The partial substitution of natural sand by lightweight sand has been used to reduce autogenous shrinkage in concretes with a low water/binder ratio, but when this substitution is combined with quasi-adiabatic curing conditions during the first 24 hours, it has been found that autogenous shrinkage can be mitigated and controlled. During an experiment done at Sherbrooke University on large concrete blocks measuring 0.6 × 0.6 × 0.6 m (2 × 2 × 2 ft) where 28% by volume of the natural sand in the concrete was replaced by the same volume of saturated lightweight sand, with absorption of about 20%, it was found that autogenous shrinkage was mitigated within the concrete blocks. Moreover, it has been found that the compressive strength and the elastic modulus of the substituted concrete were not affected by this substitution. For the first time in large concrete specimens, it can be reported that autogenous shrinkage can be mitigated and controlled without the help of any chemical product added to the concrete to induce an initial expansion to neutralize autogenous shrinkage. It seems that quasi-adiabatic conditions favor the development of large crystals that result in swelling of the apparent volume of the concrete block, and that the temperature increase also contributes to reduce chemical shrinkage. This could explain why Le Chatelier found more than 100 years ago that when a paste was cured under water, after a certain time, it swells enough to break the vase in which it had been placed.

This research explores the influence of internal curing on time dependent strains under no water exchange with the environment, i.e., basic creep and autogenous shrinkage. The behavior of high-performance concrete mixtures (HPC) containing pre-wetted lightweight aggregate (HPLC-1) for internal curing was compared to companion mixtures containing air-dried lightweight aggregate (HPLC-2). It was found that internally stored water reduced basic creep in direct relation to the amount of water held in the aggregate. Reductions in basic creep, up to 49%, were found between dry and prewetted lightweight aggregate mixtures. Further, internally stored water reduced autogenous shrinkage to the extent that actual expansion occurred proportional to the amount of internal water.

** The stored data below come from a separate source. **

-- ===== src/Prelude/Sort.antt =====
-- Python's stable `sorted`, as an insertion sort over a comparison.
pub mod Numbers
use Prim.Native.Nat.{Ordering}
use mathlib.Core.Path.{◌≡◌, refl, subst}
use mathlib.Core.Logic.{◌≢◌, ◌↔◌, ◌⊎◌, inl, inr}
use mathlib.Core.Bool.{Bool, true, false}
use mathlib.Core.List.Perm
use mathlib.Core.List.{List, [], ◌∷◌, Perm}
use mathlib.Core.Option.{Option, none, some}
use native.Mathlib.Omega.{arith}
use nix_strix_halo.Prelude.Tests.{if◌then◌else◌, Bool-cases}
use nix_strix_halo.Prelude.Lists.{last?, All, In, All-In}
use nix_strix_halo.Prelude.Order.{IsOrder, is_lt, flip, not_gt_trans, self}

module _ {A : Type 0} (cmp : A → A → Ordering) where
  -- `x` goes before the first element that is not less than it.
  unfoldable pub insert : A → List A → List A
  insert x [] = x ∷ []
  insert x (y ∷ ys) = if is_lt (cmp y x) then y ∷ insert x ys else x ∷ y ∷ ys

  unfoldable pub sorted : List A → List A
  unfolding insert
  sorted [] = []
  sorted (x ∷ xs) = insert x (sorted xs)

  -- No element is less than one before it.
  abbrev pub IsAscending : List A → Type 0
  IsAscending [] = Unit
  IsAscending (x ∷ xs) = All (λ y. cmp y x ≢ Ordering.lt) xs × IsAscending xs

  insert-perm : (x : A) (ys : List A) → Perm (insert x ys) (x ∷ ys)
  unfolding insert
  insert-perm x [] = Perm.rfl
  insert-perm x (y ∷ ys) =
      let moved = Perm.trans (Perm.cons y (insert-perm x ys)) (Perm.swap x y ys) in
      elim (Bool-cases (is_lt (cmp y x))) [ inl e ↦ rw e moved | inr e ↦ rw e Perm.rfl ]

  pub sorted-perm : (xs : List A) → Perm (sorted xs) xs
  unfolding sorted
  sorted-perm [] = Perm.rfl
  sorted-perm (x ∷ xs) = Perm.trans (insert-perm x (sorted xs)) (Perm.cons x (sorted-perm xs))

  pub In-insert : (a x : A) (ys : List A) → In a (insert x ys) → In a (x ∷ ys)
  unfolding insert
  In-insert a x [] m = m
  In-insert a x (y ∷ ys) m = elim (Bool-cases (is_lt (cmp y x))) [
    | inl e ↦ elim (rw e at m) [
      | inl q ↦ inr (inl q)
      | inr r ↦ elim (In-insert a x ys r) [ inl q ↦ inl q | inr s ↦ inr (inr s) ]
    ]
    | inr e ↦ rw e at m
  ]

  insert-In : (a x : A) (ys : List A) → In a (x ∷ ys) → In a (insert x ys)
  unfolding insert
  insert-In a x [] m = m
  insert-In a x (y ∷ ys) (inl q) = elim (Bool-cases (is_lt (cmp y x))) [
    | inl e ↦ rw e (inr (insert-In a x ys (inl q)))
    | inr e ↦ rw e (inl q)
  ]
  insert-In a x (y ∷ ys) (inr (inl q)) = elim (Bool-cases (is_lt (cmp y x))) [
    | inl e ↦ rw e (inl q)
    | inr e ↦ rw e (inr (inl q))
  ]
  insert-In a x (y ∷ ys) (inr (inr m)) = elim (Bool-cases (is_lt (cmp y x))) [
    | inl e ↦ rw e (inr (insert-In a x ys (inr m)))
    | inr e ↦ rw e (inr (inr m))
  ]

  pub In-sorted : (a : A) (xs : List A) → In a (sorted xs) → In a xs
  unfolding sorted
  In-sorted a [] m = m
  In-sorted a (x ∷ xs) m = elim (In-insert a x (sorted xs) m) [
    | inl q ↦ inl q
    | inr r ↦ inr (In-sorted a xs r)
  ]

  pub sorted-In : (a : A) (xs : List A) → In a xs → In a (sorted xs)
  unfolding sorted
  sorted-In a [] m = m
  sorted-In a (x ∷ xs) (inl q) = insert-In a x (sorted xs) (inl q)
  sorted-In a (x ∷ xs) (inr m) = insert-In a x (sorted xs) (inr (sorted-In a xs m))

pub In-last : {A : Type 0} (xs : List A) (m : A) → last? xs ≡ some m → In m xs
In-last [] m e = cc
In-last (x ∷ []) m e = inl (cc)
In-last (x ∷ y ∷ xs) m e = inr (In-last (y ∷ xs) m e)

module _ {A : Type 0} (P : A → Type 0) where
  All-insert :
      (cmp : A → A → Ordering) (x : A) (ys : List A) → P x → All P ys → All P (insert cmp x ys)
  unfolding insert
  All-insert cmp x [] p h = (p, tt)
  All-insert cmp x (y ∷ ys) p h = elim (Bool-cases (is_lt (cmp y x))) [
    | inl e ↦ rw e (h.0, All-insert cmp x ys p h.1)
    | inr e ↦ rw e (p, h)
  ]

  pub All-impl {ℓ} : (Q : A → Type ℓ) (xs : List A) → ((a : A) → P a → Q a) → All P xs → All Q xs
  All-impl Q [] f h = tt
  All-impl Q (x ∷ xs) f h = (f x h.0, All-impl Q xs f h.1)

  pub All-last : (xs : List A) (m : A) → last? xs ≡ some m → All P xs → P m
  All-last [] m e h = cc
  All-last (x ∷ []) m e h = subst P (cc) h.0
  All-last (x ∷ y ∷ xs) m e h = All-last (y ∷ xs) m e h.1

module _ {A : Type 0} {cmp : A → A → Ordering} (o : IsOrder cmp) where
  insert-IsAscending :
      (x : A) (ys : List A) → IsAscending cmp ys → IsAscending cmp (insert cmp x ys)
  unfolding insert
  insert-IsAscending x [] h = (tt, tt)
  insert-IsAscending x (y ∷ ys) h = elim (Bool-cases (is_lt (cmp y x))) [
    | inl e ↦
        let above : cmp x y ≢ Ordering.lt = ground (arith, o.reverse y x) in
        rw e
          (All-insert (λ z. cmp z y ≢ Ordering.lt) cmp x ys above h.0, insert-IsAscending x ys h.1)
    | inr e ↦
        let below : cmp y x ≢ Ordering.lt = ground arith in
        rw e (
          (
            below,
            All-impl (λ z. cmp z y ≢ Ordering.lt) (λ z. cmp z x ≢ Ordering.lt) ys
                (λ z k. not_gt_trans o x y z below k) h.0,
          ),
          h,
        )
  ]

  pub sorted-IsAscending : (xs : List A) → IsAscending cmp (sorted cmp xs)
  unfolding sorted
  sorted-IsAscending [] = tt
  sorted-IsAscending (x ∷ xs) = insert-IsAscending x (sorted cmp xs) (sorted-IsAscending xs)

  -- Nothing stands above the last element of an ascending list.
  pub last-max :
      (xs : List A) (m : A)
      → last? xs ≡ some m
      → IsAscending cmp xs
      → All (λ z. cmp m z ≢ Ordering.lt) xs
  last-max [] m e h = tt
  last-max (x ∷ []) m e h = let same : x ≡ m = cc in (rw (← same) (λ k. cc (self o x)), tt)
  last-max (x ∷ y ∷ xs) m e h =
      (All-last (λ z. cmp z x ≢ Ordering.lt) (y ∷ xs) m e h.0, last-max (y ∷ xs) m e h.1)

  -- `sorted(xs)[-1]` is an element of `xs`, and no element of `xs` is greater.
  pub sorted-last :
      (xs : List A) (m : A)
      → last? (sorted cmp xs) ≡ some m
      → In m xs × ((z : A) → In z xs → cmp m z ≢ Ordering.lt)
  sorted-last xs m e = (
    In-sorted cmp m xs (In-last (sorted cmp xs) m e),
    λ z h.
        All-In (λ z. cmp m z ≢ Ordering.lt) (sorted cmp xs)
          (last-max (sorted cmp xs) m e (sorted-IsAscending xs)) (sorted-In cmp z xs h),
  )

  -- `sorted(xs)[-1]` exists unless `xs` is empty.
  pub sorted-last_some : (x : A) (xs : List A) → (m : A) × (last? (sorted cmp (x ∷ xs)) ≡ some m)
  unfolding sorted
  sorted-last_some x xs = last-insert x (sorted cmp xs)
    where
      last-cons : (a : A) (l : List A) → (m : A) × (last? (a ∷ l) ≡ some m)
      last-cons a [] = (a, refl)
      last-cons a (b ∷ l) = last-cons b l

      last-insert : (x : A) (ys : List A) → (m : A) × (last? (insert cmp x ys) ≡ some m)
      last-insert x [] = (x, refl)
      last-insert x (y ∷ ys) = elim (Bool-cases (is_lt (cmp y x))) [
        | inl e ↦ rw e (last-cons y (insert cmp x ys))
        | inr e ↦ rw e (last-cons x (y ∷ ys))
      ]

  pub sorted-last_of_In :
      (xs : List A) (a : A) → In a xs → (m : A) × (last? (sorted cmp xs) ≡ some m)
  sorted-last_of_In [] a m = absurd m
  sorted-last_of_In (x ∷ xs) a m = sorted-last_some x xs

-- xs[-1] exists unless `xs` is empty.
pub last-some : {A : Type 0} (xs : List A) (a : A) → In a xs → (m : A) × (last? xs ≡ some m)
last-some [] a h = absurd h
last-some (x ∷ []) a h = (x, refl)
last-some (x ∷ y ∷ xs) a h = last-some (y ∷ xs) y (inl refl)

The benefits of using lightweight aggregate (LWA) to replace a portion of the normalweight aggregates in concrete mixtures have been investigated by many researchers. The main purpose of this substitution has been to provide a source of moisture for internal curing that will promote more complete hydration of the cementitious materials. The adequate initial moisture conditioning of the LWA is the most crucial step in the ready mixed concrete production cycle. Once the LWA has been satisfactorily saturated, the potential for field problems is insignificant. Any shortcuts in this fundamental procedure can result in the failure of the concept and reluctance on the part of the concrete contractor to adapt this technology. The problems can range from yield issues to slump loss, segregation, finishability, and pumpability. The slow release of moisture from the lightweight aggregate to the concrete matrix has resulted in the mitigation or elimination of plastic and drying shrinkage cracking, as well as limiting the effects of self-desiccation. Enhanced workability and better consolidation due to an improved total grading provided by the use of an intermediate aggregate is also evident; contractors have reported that it reduces the total placing time.